This exercise needs all of the entries set down again, exactly as they read.

==================================================

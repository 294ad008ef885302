-- ===== src/Network/Messages/Codec/Wire.antt =====
-- The bytes of each message on the wire: its type key, then a CBOR map. The encoders write them.
use openscreen_rs.Base.{
  fits_or_not, ℕ, ◌+◌, ◌≤◌, ◌<◌, ◌≡◌, ◌⊎◌, inl, inr, Option, none, some, List, [], ◌∷◌, ◌++◌, arith,
  flatten, length, is_empty, if◌then◌else◌, ok,
}
use openscreen_rs.Deps.{Deps, Laws}
use openscreen_rs.Network.Messages.{
  AuthCapabilities, AuthSpake2Handshake, AuthSpake2Confirmation, AuthStatus, NetworkMessage,
  NetworkMessageType, PskInputMethod, type_key, psk_status_code, input_ease_code, input_method_code,
  status_code,
}
use openscreen_rs.Network.Messages.Codec.Encode.{
  encode, encode_methods, encode_methods_field, encode_capabilities, encode_token, encode_handshake,
  encode_confirmation, encode_status,
}
use openscreen_rs.Network.Messages.Codec.Writes.{
  Writes, Writes-pure, Writes-then, emit-Writes, type_key-Writes, IsErr,
}

module _ (d : Deps) where
  abbrev pub key_bytes : NetworkMessageType → List ℕ
  key_bytes kind = d.varint.encode (type_key kind)

  abbrev pub u8_bytes : ℕ → List ℕ
  u8_bytes x = flatten (d.encoder.u8 x)

  abbrev pub map_bytes : ℕ → List ℕ
  map_bytes n = flatten (d.encoder.map n)

  abbrev pub methods_bytes : List PskInputMethod → List ℕ
  methods_bytes [] = []
  methods_bytes (method ∷ methods) = u8_bytes (input_method_code method) ++ methods_bytes methods

  abbrev pub methods_field_bytes : List PskInputMethod → List ℕ
  methods_field_bytes [] = []
  methods_field_bytes (method ∷ methods) =
      u8_bytes 1
      ++ (flatten (d.encoder.array (length (method ∷ methods))) ++ methods_bytes (method ∷ methods))

  abbrev pub token_bytes : Option (List ℕ) → List ℕ
  token_bytes (some token) = map_bytes 1 ++ (u8_bytes 0 ++ flatten (d.encoder.str token))
  token_bytes none = map_bytes 0

  abbrev pub capabilities_bytes : AuthCapabilities → List ℕ
  capabilities_bytes msg =
      map_bytes (if is_empty msg.psk_input_methods then 2 else 3)
      ++ (u8_bytes 0
          ++ (u8_bytes (input_ease_code msg.psk_input_ease)
              ++ (methods_field_bytes msg.psk_input_methods
                  ++ (u8_bytes 2 ++ flatten (d.encoder.u32 msg.psk_min_bits_of_entropy)))))

  abbrev pub handshake_bytes : AuthSpake2Handshake → List ℕ
  handshake_bytes msg =
      map_bytes 3
      ++ (u8_bytes 0
          ++ (token_bytes msg.initiation_token.token
              ++ (u8_bytes 1
                  ++ (u8_bytes (psk_status_code msg.psk_status)
                      ++ (u8_bytes 2 ++ flatten (d.encoder.bytes msg.public_value))))))

  abbrev pub confirmation_bytes : AuthSpake2Confirmation → List ℕ
  confirmation_bytes msg =
      map_bytes 1 ++ (u8_bytes 0 ++ flatten (d.encoder.bytes msg.confirmation_value))

  abbrev pub status_bytes : AuthStatus → List ℕ
  status_bytes msg = map_bytes 1 ++ (u8_bytes 0 ++ u8_bytes (status_code msg.status))

  abbrev pub wire : NetworkMessage → List ℕ
  wire (NetworkMessage.auth_capabilities msg) =
      key_bytes NetworkMessageType.auth_capabilities ++ capabilities_bytes msg
  wire (NetworkMessage.auth_spake2_handshake msg) =
      key_bytes NetworkMessageType.auth_spake2_handshake ++ handshake_bytes msg
  wire (NetworkMessage.auth_spake2_confirmation msg) =
      key_bytes NetworkMessageType.auth_spake2_confirmation ++ confirmation_bytes msg
  wire (NetworkMessage.auth_status msg) =
      key_bytes NetworkMessageType.auth_status ++ status_bytes msg

module _ (d : Deps) (laws : Laws d) (n : ℕ) where
  methods-Writes :
      (methods : List PskInputMethod)
      → Writes n (encode_methods d n methods) (methods_bytes d methods)
  unfolding encode_methods
  methods-Writes [] = Writes-pure n
  methods-Writes (method ∷ methods) =
      Writes-then n (emit-Writes d laws n _) (methods-Writes methods)

  methods_field-Writes :
      (methods : List PskInputMethod)
      → Writes n (encode_methods_field d n methods) (methods_field_bytes d methods)
  unfolding encode_methods_field
  methods_field-Writes [] = Writes-pure n
  methods_field-Writes (method ∷ methods) =
      search (Writes-then n, emit-Writes d laws n, methods-Writes)

  token-Writes : (token : Option (List ℕ)) → Writes n (encode_token d n token) (token_bytes d token)
  unfolding encode_token
  token-Writes (some token) = search (Writes-then n, emit-Writes d laws n)
  token-Writes none = emit-Writes d laws n _

  pub encode-Writes : (msg : NetworkMessage) → Writes n (encode d n msg) (wire d msg)
  unfolding encode encode_capabilities encode_handshake encode_confirmation encode_status
  encode-Writes (NetworkMessage.auth_capabilities msg) =
      Writes-then n (type_key-Writes d laws n 1001 (omega arith)) (
        Writes-then n (emit-Writes d laws n _) (
          Writes-then n (emit-Writes d laws n _) (
            Writes-then n (emit-Writes d laws n _) (
              Writes-then n (methods_field-Writes msg.psk_input_methods)
                (Writes-then n (emit-Writes d laws n _) (emit-Writes d laws n _))))))
  encode-Writes (NetworkMessage.auth_spake2_handshake msg) =
      Writes-then n (type_key-Writes d laws n 1005 (omega arith)) (
        Writes-then n (emit-Writes d laws n _) (
          Writes-then n (emit-Writes d laws n _) (
            Writes-then n (token-Writes msg.initiation_token.token) (
              Writes-then n (emit-Writes d laws n _) (
                Writes-then n (emit-Writes d laws n _)
                  (Writes-then n (emit-Writes d laws n _) (emit-Writes d laws n _)))))))
  encode-Writes (NetworkMessage.auth_spake2_confirmation msg) =
      Writes-then n (type_key-Writes d laws n 1003 (omega arith)) (
        Writes-then n (emit-Writes d laws n _)
          (Writes-then n (emit-Writes d laws n _) (emit-Writes d laws n _)))
  encode-Writes (NetworkMessage.auth_status msg) =
      Writes-then n (type_key-Writes d laws n 1004 (omega arith)) (
        Writes-then n (emit-Writes d laws n _)
          (Writes-then n (emit-Writes d laws n _) (emit-Writes d laws n _)))

  -- From a buffer within its capacity, a message is encoded, by appending its wire format, when
  -- that fits, and an error is returned, with no panic, when it does not.
  pub encode_exact :
      (msg : NetworkMessage) (buf : List ℕ)
      → length buf ≤ n
      → (length buf + length (wire d msg) ≤ n) × (encode d n msg buf ≡ (ok tt, buf ++ wire d msg))
        ⊎ (n < length buf + length (wire d msg)) × IsErr (encode d n msg buf).0
  encode_exact msg buf h = elim (fits_or_not (length buf + length (wire d msg)) n) [
    | inl fits ↦ inl (fits, (encode-Writes msg).fits buf fits)
    | inr over ↦ inr (over, (encode-Writes msg).full buf h over)
  ]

==================================================

Written answer:
repository 294ad008ef885302
-- ===== src/Network/Messages/Codec/Wire.antt =====
-- The bytes of each message on the wire: its type key, then a CBOR map. The encoders write them.
use openscreen_rs.Base.{
  fits_or_not, ℕ, ◌+◌, ◌≤◌, ◌<◌, ◌≡◌, ◌⊎◌, inl, inr, Option, none, some, List, [], ◌∷◌, ◌++◌, arith,
  flatten, length, is_empty, if◌then◌else◌, ok,
}
use openscreen_rs.Deps.{Deps, Laws}
use openscreen_rs.Network.Messages.{
  AuthCapabilities, AuthSpake2Handshake, AuthSpake2Confirmation, AuthStatus, NetworkMessage,
  NetworkMessageType, PskInputMethod, type_key, psk_status_code, input_ease_code, input_method_code,
  status_code,
}
use openscreen_rs.Network.Messages.Codec.Encode.{
  encode, encode_methods, encode_methods_field, encode_capabilities, encode_token, encode_handshake,
  encode_confirmation, encode_status,
}
use openscreen_rs.Network.Messages.Codec.Writes.{
  Writes, Writes-pure, Writes-then, emit-Writes, type_key-Writes, IsErr,
}

module _ (d : Deps) where
  abbrev pub key_bytes : NetworkMessageType → List ℕ
  key_bytes kind = d.varint.encode (type_key kind)

  abbrev pub u8_bytes : ℕ → List ℕ
  u8_bytes x = flatten (d.encoder.u8 x)

  abbrev pub map_bytes : ℕ → List ℕ
  map_bytes n = flatten (d.encoder.map n)

  abbrev pub methods_bytes : List PskInputMethod → List ℕ
  methods_bytes [] = []
  methods_bytes (method ∷ methods) = u8_bytes (input_method_code method) ++ methods_bytes methods

  abbrev pub methods_field_bytes : List PskInputMethod → List ℕ
  methods_field_bytes [] = []
  methods_field_bytes (method ∷ methods) =
      u8_bytes 1
      ++ (flatten (d.encoder.array (length (method ∷ methods))) ++ methods_bytes (method ∷ methods))

  abbrev pub token_bytes : Option (List ℕ) → List ℕ
  token_bytes (some token) = map_bytes 1 ++ (u8_bytes 0 ++ flatten (d.encoder.str token))
  token_bytes none = map_bytes 0

  abbrev pub capabilities_bytes : AuthCapabilities → List ℕ
  capabilities_bytes msg =
      map_bytes (if is_empty msg.psk_input_methods then 2 else 3)
      ++ (u8_bytes 0
          ++ (u8_bytes (input_ease_code msg.psk_input_ease)
              ++ (methods_field_bytes msg.psk_input_methods
                  ++ (u8_bytes 2 ++ flatten (d.encoder.u32 msg.psk_min_bits_of_entropy)))))

  abbrev pub handshake_bytes : AuthSpake2Handshake → List ℕ
  handshake_bytes msg =
      map_bytes 3
      ++ (u8_bytes 0
          ++ (token_bytes msg.initiation_token.token
              ++ (u8_bytes 1
                  ++ (u8_bytes (psk_status_code msg.psk_status)
                      ++ (u8_bytes 2 ++ flatten (d.encoder.bytes msg.public_value))))))

  abbrev pub confirmation_bytes : AuthSpake2Confirmation → List ℕ
  confirmation_bytes msg =
      map_bytes 1 ++ (u8_bytes 0 ++ flatten (d.encoder.bytes msg.confirmation_value))

  abbrev pub status_bytes : AuthStatus → List ℕ
  status_bytes msg = map_bytes 1 ++ (u8_bytes 0 ++ u8_bytes (status_code msg.status))

  abbrev pub wire : NetworkMessage → List ℕ
  wire (NetworkMessage.auth_capabilities msg) =
      key_bytes NetworkMessageType.auth_capabilities ++ capabilities_bytes msg
  wire (NetworkMessage.auth_spake2_handshake msg) =
      key_bytes NetworkMessageType.auth_spake2_handshake ++ handshake_bytes msg
  wire (NetworkMessage.auth_spake2_confirmation msg) =
      key_bytes NetworkMessageType.auth_spake2_confirmation ++ confirmation_bytes msg
  wire (NetworkMessage.auth_status msg) =
      key_bytes NetworkMessageType.auth_status ++ status_bytes msg

module _ (d : Deps) (laws : Laws d) (n : ℕ) where
  methods-Writes :
      (methods : List PskInputMethod)
      → Writes n (encode_methods d n methods) (methods_bytes d methods)
  unfolding encode_methods
  methods-Writes [] = Writes-pure n
  methods-Writes (method ∷ methods) =
      Writes-then n (emit-Writes d laws n _) (methods-Writes methods)

  methods_field-Writes :
      (methods : List PskInputMethod)
      → Writes n (encode_methods_field d n methods) (methods_field_bytes d methods)
  unfolding encode_methods_field
  methods_field-Writes [] = Writes-pure n
  methods_field-Writes (method ∷ methods) =
      search (Writes-then n, emit-Writes d laws n, methods-Writes)

  token-Writes : (token : Option (List ℕ)) → Writes n (encode_token d n token) (token_bytes d token)
  unfolding encode_token
  token-Writes (some token) = search (Writes-then n, emit-Writes d laws n)
  token-Writes none = emit-Writes d laws n _

  pub encode-Writes : (msg : NetworkMessage) → Writes n (encode d n msg) (wire d msg)
  unfolding encode encode_capabilities encode_handshake encode_confirmation encode_status
  encode-Writes (NetworkMessage.auth_capabilities msg) =
      Writes-then n (type_key-Writes d laws n 1001 (omega arith)) (
        Writes-then n (emit-Writes d laws n _) (
          Writes-then n (emit-Writes d laws n _) (
            Writes-then n (emit-Writes d laws n _) (
              Writes-then n (methods_field-Writes msg.psk_input_methods)
                (Writes-then n (emit-Writes d laws n _) (emit-Writes d laws n _))))))
  encode-Writes (NetworkMessage.auth_spake2_handshake msg) =
      Writes-then n (type_key-Writes d laws n 1005 (omega arith)) (
        Writes-then n (emit-Writes d laws n _) (
          Writes-then n (emit-Writes d laws n _) (
            Writes-then n (token-Writes msg.initiation_token.token) (
              Writes-then n (emit-Writes d laws n _) (
                Writes-then n (emit-Writes d laws n _)
                  (Writes-then n (emit-Writes d laws n _) (emit-Writes d laws n _)))))))
  encode-Writes (NetworkMessage.auth_spake2_confirmation msg) =
      Writes-then n (type_key-Writes d laws n 1003 (omega arith)) (
        Writes-then n (emit-Writes d laws n _)
          (Writes-then n (emit-Writes d laws n _) (emit-Writes d laws n _)))
  encode-Writes (NetworkMessage.auth_status msg) =
      Writes-then n (type_key-Writes d laws n 1004 (omega arith)) (
        Writes-then n (emit-Writes d laws n _)
          (Writes-then n (emit-Writes d laws n _) (emit-Writes d laws n _)))

  -- From a buffer within its capacity, a message is encoded, by appending its wire format, when
  -- that fits, and an error is returned, with no panic, when it does not.
  pub encode_exact :
      (msg : NetworkMessage) (buf : List ℕ)
      → length buf ≤ n
      → (length buf + length (wire d msg) ≤ n) × (encode d n msg buf ≡ (ok tt, buf ++ wire d msg))
        ⊎ (n < length buf + length (wire d msg)) × IsErr (encode d n msg buf).0
  encode_exact msg buf h = elim (fits_or_not (length buf + length (wire d msg)) n) [
    | inl fits ↦ inl (fits, (encode-Writes msg).fits buf fits)
    | inr over ↦ inr (over, (encode-Writes msg).full buf h over)
  ]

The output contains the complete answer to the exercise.